A garment is not a picture of a garment. It is a material, with weight, stretch and sheen.
Fabric has a weave or a knit, a sheen, a weight, some stretch and some stiffness. Those properties decide how it looks under light and how it hangs on a body, and they are only partly visible in a product photo.
Graphics has long modelled them explicitly. Reflectance models describe appearance, and cloth simulation describes motion and drape. Learning-based methods now estimate appearance from photographs and learn garment dynamics. We are interested in bringing that physical understanding into generative try-on, so that a heavy wool coat and a light silk blouse behave differently even when their product photos look alike.
Questions we are exploring
- Can we infer how a material behaves (weight, stiffness, stretch) from a product photo well enough to guide drape?
- How should texture be represented so it survives warping and generation intact?

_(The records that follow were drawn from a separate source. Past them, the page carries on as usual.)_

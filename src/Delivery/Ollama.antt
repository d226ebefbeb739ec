-- ===== src/Delivery/Ollama.antt =====
-- What a job comes to with Ollama as its backend.
use Prim.Native.String.append
use agent_gpu.Prelude.{
  ◌+◌, ◌%◌, ◌^◌, ◌≡◌, refl, sym, ap, ◌∙◌, arith, String, str_append, str_eq, eq_iff, Bool, false,
  Option, none, some, List, [], ◌∷◌, ◌++◌, Bool-cases, inl, inr, if◌then◌else◌,
}
use agent_gpu.Types.{ToolCall, Job, JobResult, JobError}
use agent_gpu.Worker.Ollama.{
  TransportFailure, ChatResponse, StreamLine, cancelled, empty_line, garbled, object, body,
  ChatResult, ChatRequest, chat_messages, keep_alive_of, Streamed, has_delta, emitted, no_result,
  complete, scan, chat_stream, chunks_from, text_of, job_result, ollama_executor,
}
use agent_gpu.Delivery.{joined, IsFaithful}

-- A delta without content has no text.
no_content : (delta : String) (calls : List ToolCall) → has_delta delta calls ≡ false → delta ≡ ""
no_content delta calls h = ground (arith, eq_iff delta "")

text_of-chunks :
    (job : String) (deltas : List (String × List ToolCall))
    → text_of deltas ≡ joined (chunks_from job deltas)
unfolding text_of chunks_from
text_of-chunks job [] = refl
text_of-chunks job ((delta, calls) ∷ deltas) = elim (Bool-cases (has_delta delta calls)) [
  | inl e ↦ rw (e, chunks_from) (ap (str_append delta) (text_of-chunks job deltas))
  | inr e ↦
      rw (e, chunks_from)
        (ap (λ d. str_append d (text_of deltas)) (no_content delta calls e)
          ∙ append.nil (text_of deltas)
          ∙ text_of-chunks job deltas)
]

job_result_lem :
    (job : Job) (s : Streamed)
    → ((job_result job s).job_id ≡ job.id) × ((job_result job s).output ≡ text_of s.0)
unfolding job_result
job_result_lem job (deltas, res, none) = (refl, refl)
job_result_lem job (deltas, res, some e) = (refl, refl)

pub ollama_executor-IsFaithful :
    (client : ChatRequest → Streamed) (job : Job) → IsFaithful (ollama_executor client) job
unfolding ollama_executor
ollama_executor-IsFaithful client job =
    let s = client (record {
      model = job.model;
      messages = chat_messages job;
      tools = job.tools;
      keep_alive = keep_alive_of job.keep_alive_seconds;
    }) in
    let (same, text) = job_result_lem job s in
    record { same_job = same; same_text = text ∙ text_of-chunks job.id s.0 }

-- The object that ends a stream well: one that says so, with no failure before it. And the text up to
-- the end or the failure.
abbrev pub terminal_object : List StreamLine → Option ChatResponse
terminal_object [] = none
terminal_object (cancelled e ∷ lines) = none
terminal_object (empty_line ∷ lines) = terminal_object lines
terminal_object (garbled text ∷ lines) = none
terminal_object (object co ∷ lines) =
    if str_eq co.error "" then (if co.is_done then some co else terminal_object lines) else none

abbrev pub contents : List StreamLine → String
contents [] = ""
contents (cancelled e ∷ lines) = ""
contents (empty_line ∷ lines) = contents lines
contents (garbled text ∷ lines) = ""
contents (object co ∷ lines) =
    if str_eq co.error ""
    then str_append co.content (if co.is_done then "" else contents lines)
    else ""

-- Without such an object the job fails; with it the job has its counts. The text is kept either way.
abbrev pub Outcome : Option ChatResponse → String → JobResult → Type 0
Outcome none text res = ((e : JobError) × (res.error ≡ some e)) × (res.output ≡ text)
Outcome (some co) text res =
    (res.error ≡ none)
    × (res.output ≡ text)
    × (res.prompt_tokens ≡ co.prompt_eval_count)
    × (res.completion_tokens ≡ co.eval_count)
    × (res.tokens ≡ (co.eval_count + co.prompt_eval_count) % 2 ^ 64)

-- The same of a stream.
abbrev Ends : Option ChatResponse → String → Streamed → Type 0
Ends none text (deltas, res, error) = ((e : JobError) × (error ≡ some e)) × (text_of deltas ≡ text)
Ends (some co) text (deltas, res, error) =
    (error ≡ none)
    × (text_of deltas ≡ text)
    × (res.prompt_tokens ≡ co.prompt_eval_count)
    × (res.completion_tokens ≡ co.eval_count)
    × (res.tokens ≡ (co.eval_count + co.prompt_eval_count) % 2 ^ 64)

emitted-text :
    (content : String) (calls : List ToolCall) (s : Streamed)
    → text_of (emitted content calls s).0 ≡ str_append content (text_of s.0)
unfolding text_of
emitted-text content calls s = elim (Bool-cases (has_delta content calls)) [
  | inl e ↦ rw e refl
  | inr e ↦ rw e (
      sym (
        ap (λ d. str_append d (text_of s.0)) (no_content content calls e)
        ∙ append.nil (text_of s.0)))
]

emitted-Ends :
    (content : String) (calls : List ToolCall) (end : Option ChatResponse) (text : String)
    (s : Streamed)
    → Ends end text s
    → Ends end (str_append content text) (emitted content calls s)
emitted-Ends content calls none text s h =
    (h.0, emitted-text content calls s ∙ ap (str_append content) h.1)
emitted-Ends content calls (some co) text s (e, t, prompt, completion, tokens) =
    (e, emitted-text content calls s ∙ ap (str_append content) t, prompt, completion, tokens)

with_calls : ChatResponse → ChatResult → ChatResult
with_calls co result = record result { tool_calls = result.tool_calls ++ co.calls }

scan-Ends :
    (is_model_not_found : String → Bool) (lines : List StreamLine) (end : Option TransportFailure)
    (result : ChatResult)
    → Ends (terminal_object lines) (contents lines) (scan is_model_not_found lines end result)
unfolding scan with_calls
scan-Ends nf [] none result = ((_, refl), unfold text_of in refl)
scan-Ends nf [] (some e) result = ((_, refl), unfold text_of in refl)
scan-Ends nf (cancelled e ∷ lines) end result = ((_, refl), unfold text_of in refl)
scan-Ends nf (empty_line ∷ lines) end result = scan-Ends nf lines end result
scan-Ends nf (garbled text ∷ lines) end result = ((_, refl), unfold text_of in refl)
scan-Ends nf (object co ∷ lines) end result = elim (Bool-cases (str_eq co.error "")) [
  | inr e ↦ rw (e, scan) ((_, refl), unfold text_of in refl)
  | inl e ↦ elim (Bool-cases co.is_done) [
    | inl d ↦
        rw (e, d)
          (emitted-Ends co.content co.calls (some co) ""
            ([], complete co (with_calls co result), none)
            (
              refl,
              unfold text_of in refl,
              unfold complete in refl,
              unfold complete in refl,
              unfold complete in refl,
            ))
    | inr d ↦
        rw (e, d)
          (emitted-Ends co.content co.calls (terminal_object lines) (contents lines)
            (scan nf lines end (with_calls co result))
            (scan-Ends nf lines end (with_calls co result)))
  ]
]

job_result-Outcome :
    (job : Job) (end : Option ChatResponse) (text : String) (s : Streamed)
    → Ends end text s
    → Outcome end text (job_result job s)
unfolding job_result
job_result-Outcome job none text (deltas, res, some e) h = ((e, refl), h.1)
job_result-Outcome job none text (deltas, res, none) h = cc (h.0.1)
job_result-Outcome job (some co) text (deltas, res, none) h = h
job_result-Outcome job (some co) text (deltas, res, some e) h = cc (h.0)

-- A job that Ollama streams an answer to succeeds exactly when the stream comes to an object that says
-- that it is done, with no failure before it: then it has the counts of that object, and their sum
-- modulo 2 ^ 64. The text of the executor's result is that of all objects up to there, or up to the
-- failure; the chunks that it emitted have the same text, and the result is of the job.
pub ollama_executor-Outcome :
    (is_model_not_found : String → Bool) (lines : List StreamLine) (end : Option TransportFailure)
    (job : Job)
    → let execute = ollama_executor (λ req. chat_stream is_model_not_found (body lines end)) in
      IsFaithful execute job × Outcome (terminal_object lines) (contents lines) (execute job).1
unfolding ollama_executor chat_stream
ollama_executor-Outcome nf lines end job = (
  ollama_executor-IsFaithful (λ req. chat_stream nf (body lines end)) job,
  job_result-Outcome job (terminal_object lines) (contents lines) (scan nf lines end no_result)
      (scan-Ends nf lines end no_result),
)
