-- ===== src/Delivery/Examples.antt =====
-- An echo, with another job's text in between.
use agent_gpu.Prelude.{
  ◌≡◌, refl, Bool, false, true, none, some, if◌then◌else◌, List, [], ◌∷◌, ◌++◌, lookup,
}
use agent_gpu.Worker.{terminal_chunk, echo_executor}
use agent_gpu.Worker.Examples.{execute, job}
use agent_gpu.Server.Stream.{Stream, answers, accumulate, ended, gathered}
use agent_gpu.Server.Stream.Answers.{Call, accumulates, run}
use agent_gpu.Server.Stream.Examples.{idle, says}
use agent_gpu.Worker.Ollama.{
  ChatResponse, StreamLine, empty_line, object, garbled, body, chat_stream, ollama_executor,
}
use agent_gpu.Delivery.Ollama.{Outcome, ollama_executor-Outcome}
use agent_gpu.Delivery.{IsFaithful, delivered, echo_executor-IsFaithful, terminal-delivered}

abbrev waiting : Stream
waiting = record idle { pending = ("j1", 7) ∷ [] }

abbrev echoed : List Call
echoed =
    accumulates (says "j2" "x" false)
    ∷ accumulates (record (says "j1" "echo: hi" false) {
      tokens = 0;
      finish_reason = "";
      prompt_tokens = 0;
      completion_tokens = 0;
    })
    ∷ []

terminal-delivered_example :
    let last = terminal_chunk (job "j1") (execute (job "j1")).1 in
    (accumulate last (run echoed waiting)).1
    ≡ ended (lookup "j1" (run echoed waiting).observers) last
      ++ answers 7 (delivered (execute (job "j1")).1) ∷ []
unfolding lookup gathered echo_executor
terminal-delivered_example =
    terminal-delivered execute (job "j1") 7 echoed waiting
      (echo_executor-IsFaithful (λ text. 2) (job "j1")) refl refl refl (refl, (refl, tt))

-- A stream of two objects after a blank line.
abbrev says_hi : Bool → ChatResponse
says_hi is_done = record {
  content = "hi";
  calls = [];
  is_done = is_done;
  done_reason = if is_done then "stop" else "";
  eval_count = if is_done then 2 else 0;
  prompt_eval_count = if is_done then 5 else 0;
  error = "";
}

abbrev lines : List StreamLine
lines = empty_line ∷ object (says_hi false) ∷ object (says_hi true) ∷ garbled "never read" ∷ []

ollama_executor-Outcome_example :
    let execute = ollama_executor (λ req. chat_stream (λ msg. false) (body lines none)) in
    IsFaithful execute (job "j1") × Outcome (some (says_hi true)) "hihi" (execute (job "j1")).1
ollama_executor-Outcome_example = ollama_executor-Outcome (λ msg. false) lines none (job "j1")
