-- ===== src/HttpApi.antt =====
-- internal/httpapi: the parts of the HTTP interface that have logic of their own.
pub mod Page
pub mod Idempotency
pub mod RateLimit
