-- ===== src/HttpApi/Idempotency/Response.antt =====
-- The recorder of internal/httpapi/idempotency.go, over the response writer of net/http: the first
-- status that is not informational counts, and a write without one sends 200.
use agent_gpu.Prelude.{
  ℕ, leb, ◌==◌, ◌≡◌, refl, ap, ◌∙◌, String, str_append, Bool, true, false, not, ◌&&◌, Option, none,
  some, or_default, List, [], ◌∷◌, All, if◌then◌else◌,
}

-- What a handler does with its writer.
pub data Action : Type 0 where
  write_header : ℕ → Action
  write : String → Action

-- The writer of net/http: the status, and what was written after it.
pub record Writer : Type 0 where
  pub status : Option ℕ
  pub body : String

abbrev pub is_informational : ℕ → Bool
is_informational status = leb 100 status && leb status 199 && not (status == 101)

abbrev pub new_writer : Writer
new_writer = record { status = none; body = "" }

-- net/http, the first status wins
unfoldable pub perform : Action → Writer → Writer
perform (write_header status) w =
    if is_informational status then w else record w { status = some (or_default status w.status) }
perform (write b) w = record { status = some (or_default 200 w.status); body = str_append w.body b }

unfoldable pub perform_all : List Action → Writer → Writer
perform_all [] w = w
perform_all (a ∷ actions) w = perform_all actions (perform a w)

pub record Recorder : Type 0 where
  pub writer : Writer
  pub status : ℕ
  pub buf : String
  pub wrote_header : Bool

unfoldable pub new_recorder : Writer → Recorder
new_recorder w = record { writer = w; status = 200; buf = ""; wrote_header = false }

unfoldable pub record_header : ℕ → Recorder → Recorder
record_header status r = if r.wrote_header then r else record r {
  status = status;
  wrote_header = true;
  writer = perform (write_header status) r.writer;
}

unfoldable pub record_write : String → Recorder → Recorder
record_write b r =
    let ready = if not r.wrote_header then record_header 200 r else r in
    record ready { buf = str_append ready.buf b; writer = perform (write b) ready.writer }

unfoldable pub record_action : Action → Recorder → Recorder
record_action (write_header status) r = record_header status r
record_action (write b) r = record_write b r

unfoldable pub record_all : List Action → Recorder → Recorder
record_all [] r = r
record_all (a ∷ actions) r = record_all actions (record_action a r)

-- net/http drops the body of a status that has none.
abbrev pub allows_body : ℕ → Bool
allows_body status =
    not (leb 100 status && leb status 199) && not (status == 204) && not (status == 304)

abbrev pub on_wire : ℕ × String → ℕ × String
on_wire (status, body) = (status, if allows_body status then body else "")

-- What was written, and the response that the client has of it when the handler is done.
abbrev pub written : Writer → ℕ × String
written w = (or_default 200 w.status, w.body)

abbrev pub sent : Writer → ℕ × String
sent w = on_wire (written w)

-- The handler sends no informational status.
abbrev pub IsFinal : Action → Type 0
IsFinal (write_header status) = is_informational status ≡ false
IsFinal (write b) = Unit {0}

is_set : Option ℕ → Bool
is_set none = false
is_set (some status) = true

-- The recorder in front of a writer, when it has seen all that was sent.
tracked : Writer → Recorder
unfolding is_set
tracked w = record {
  writer = w;
  status = or_default 200 w.status;
  buf = w.body;
  wrote_header = is_set w.status;
}

record_action-tracked :
    (a : Action) (status : Option ℕ) (body : String)
    → IsFinal a
    → let w : Writer = record { status = status; body = body } in
      record_action a (tracked w) ≡ tracked (perform a w)
unfolding perform record_action record_header record_write tracked is_set
record_action-tracked (write_header n) none body f = rw f refl
record_action-tracked (write_header n) (some old) body f = rw f refl
record_action-tracked (write b) none body f = refl
record_action-tracked (write b) (some old) body f = refl

record_all-tracked :
    (actions : List Action) (w : Writer)
    → All IsFinal actions
    → record_all actions (tracked w) ≡ tracked (perform_all actions w)
unfolding record_all perform_all
record_all-tracked [] w f = refl
record_all-tracked (a ∷ actions) w f =
    ap (record_all actions) (record_action-tracked a w.status w.body f.0)
    ∙ record_all-tracked actions (perform a w) f.1

-- A handler behind the recorder sends what it would have sent without it, and the recorder then has
-- the status and all that was written, of which net/http sends the same. It must send no informational
-- status.
pub record_all-sent :
    (actions : List Action)
    → All IsFinal actions
    → let rec = record_all actions (new_recorder new_writer) in
      let w = perform_all actions new_writer in
      (rec.writer ≡ w)
      × ((rec.status, rec.buf) ≡ written w)
      × (on_wire (rec.status, rec.buf) ≡ sent w)
unfolding new_recorder tracked is_set
record_all-sent actions f =
    let e = record_all-tracked actions new_writer f in
    (
      ap (λ (r : Recorder). r.writer) e,
      ap (λ (r : Recorder). (r.status, r.buf)) e,
      ap (λ (r : Recorder). on_wire (r.status, r.buf)) e,
    )
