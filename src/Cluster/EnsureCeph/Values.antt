-- ===== src/Cluster/EnsureCeph/Values.antt =====
-- pkg/cluster/rook_ceph.go: the values that the chart of the CephCluster is installed with.
use mathlib.Core.Path.{subst}
use ekco.Prelude.{
  String, ◌≡◌, refl, sym, ap, ◌∙◌, false, Option, none, some, arith, ◌==◌, eq_iff, if◌then◌else◌,
}
use ekco.Errors.{ok}
use ekco.Kube.{Value, Fields, text_value, map_value, no_fields, with_field}
use ekco.Cluster.EnsureCeph.{
  field_at, set_field, as_map, image_in_version, image_in_spec, with_ceph_image,
}

pub field_at-set_field :
    (j k : String) (v : Value) (m : Fields)
    → field_at j (set_field k v m) ≡ (if k == j then v else field_at j m)
unfolding field_at set_field
field_at-set_field j k v no_fields = refl
field_at-set_field j k v (with_field i w m) =
    ground (arith, eq_iff k j, eq_iff i k, eq_iff i j, field_at-set_field j k v m)

-- The map below a key, which is empty if there is none.
abbrev pub below : String → Fields → Fields
below key m = elim (as_map (field_at key m)) [ some fields ↦ fields | none ↦ no_fields ]

-- One key has a new value, and every other has what it had.
abbrev pub SetAt : String → Value → Fields → Fields → Type 0
SetAt key v before after =
    (k : String) → field_at k after ≡ (if key == k then v else field_at k before)

abbrev pub HasImage : String → Fields → Fields → Type 0
HasImage image before after =
    (spec : Fields) × (version : Fields) × SetAt "cephClusterSpec" (map_value spec) before after
    × SetAt "cephVersion" (map_value version) (below "cephClusterSpec" before) spec
    × SetAt "image" (text_value image) (below "cephVersion" (below "cephClusterSpec" before))
        version

module _ (image : String) (values changed : Fields) where
  version-HasImage :
      (spec : Fields) (o : Option Fields)
      → as_map (field_at "cephClusterSpec" values) ≡ some spec
      → as_map (field_at "cephVersion" spec) ≡ o
      → image_in_version image values spec o ≡ ok changed
      → HasImage image values changed
  version-HasImage spec none found inner worked = cc
  version-HasImage spec (some version) found inner worked =
      let version' = set_field "image" (text_value image) version in
      let spec' = set_field "cephVersion" (map_value version') spec in
      let same : set_field "cephClusterSpec" (map_value spec') values ≡ changed = ground arith in
      let spec_below : spec ≡ below "cephClusterSpec" values = rw (found, below) in
      let version_below : version ≡ below "cephVersion" spec = rw (inner, below) in
      (
        spec',
        version',
        (λ k.
            ap (field_at k) (sym same)
            ∙ field_at-set_field k "cephClusterSpec" (map_value spec') values),
        subst (λ m. SetAt "cephVersion" (map_value version') m spec') spec_below
            (λ k. field_at-set_field k "cephVersion" (map_value version') spec),
        subst (λ m. SetAt "image" (text_value image) (below "cephVersion" m) version') spec_below
            (subst (λ m. SetAt "image" (text_value image) m version') version_below
              (λ k. field_at-set_field k "image" (text_value image) version)),
      )

  spec-HasImage :
      (o : Option Fields)
      → as_map (field_at "cephClusterSpec" values) ≡ o
      → image_in_spec image values o ≡ ok changed
      → HasImage image values changed
  spec-HasImage none found worked = cc
  spec-HasImage (some spec) found worked =
      version-HasImage spec (as_map (field_at "cephVersion" spec)) found refl worked

  -- With an image in the settings: if the values can be changed, the image is set at cephClusterSpec,
  -- cephVersion, image, in maps that are made where there are none, and every other value stays.
  pub with_ceph_image-HasImage :
      (image == "") ≡ false
      → with_ceph_image image values ≡ ok changed
      → HasImage image values changed
  unfolding with_ceph_image
  with_ceph_image-HasImage some_image worked =
      spec-HasImage (as_map (field_at "cephClusterSpec" values)) refl
        (grind (arith, some_image, worked))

- How do we measure texture fidelity in a way that matches what people perceive?
Further reading
- Deschaintre et al. Single-Image SVBRDF Capture with a Rendering-Aware Deep Network. ACM Transactions on Graphics (SIGGRAPH), 2018.
- Baraff & Witkin Large Steps in Cloth Simulation. SIGGRAPH, 1998.
- Santesteban, Otaduy & Casas SNUG: Self-Supervised Neural Dynamic Garments. CVPR, 2022.
- Grigorev et al. HOOD: Hierarchical Graphs for Generalized Modelling of Clothing Dynamics. CVPR, 2023.
- Ding et al. Image Quality Assessment: Unifying Structure and Texture Similarity. IEEE TPAMI, 2022.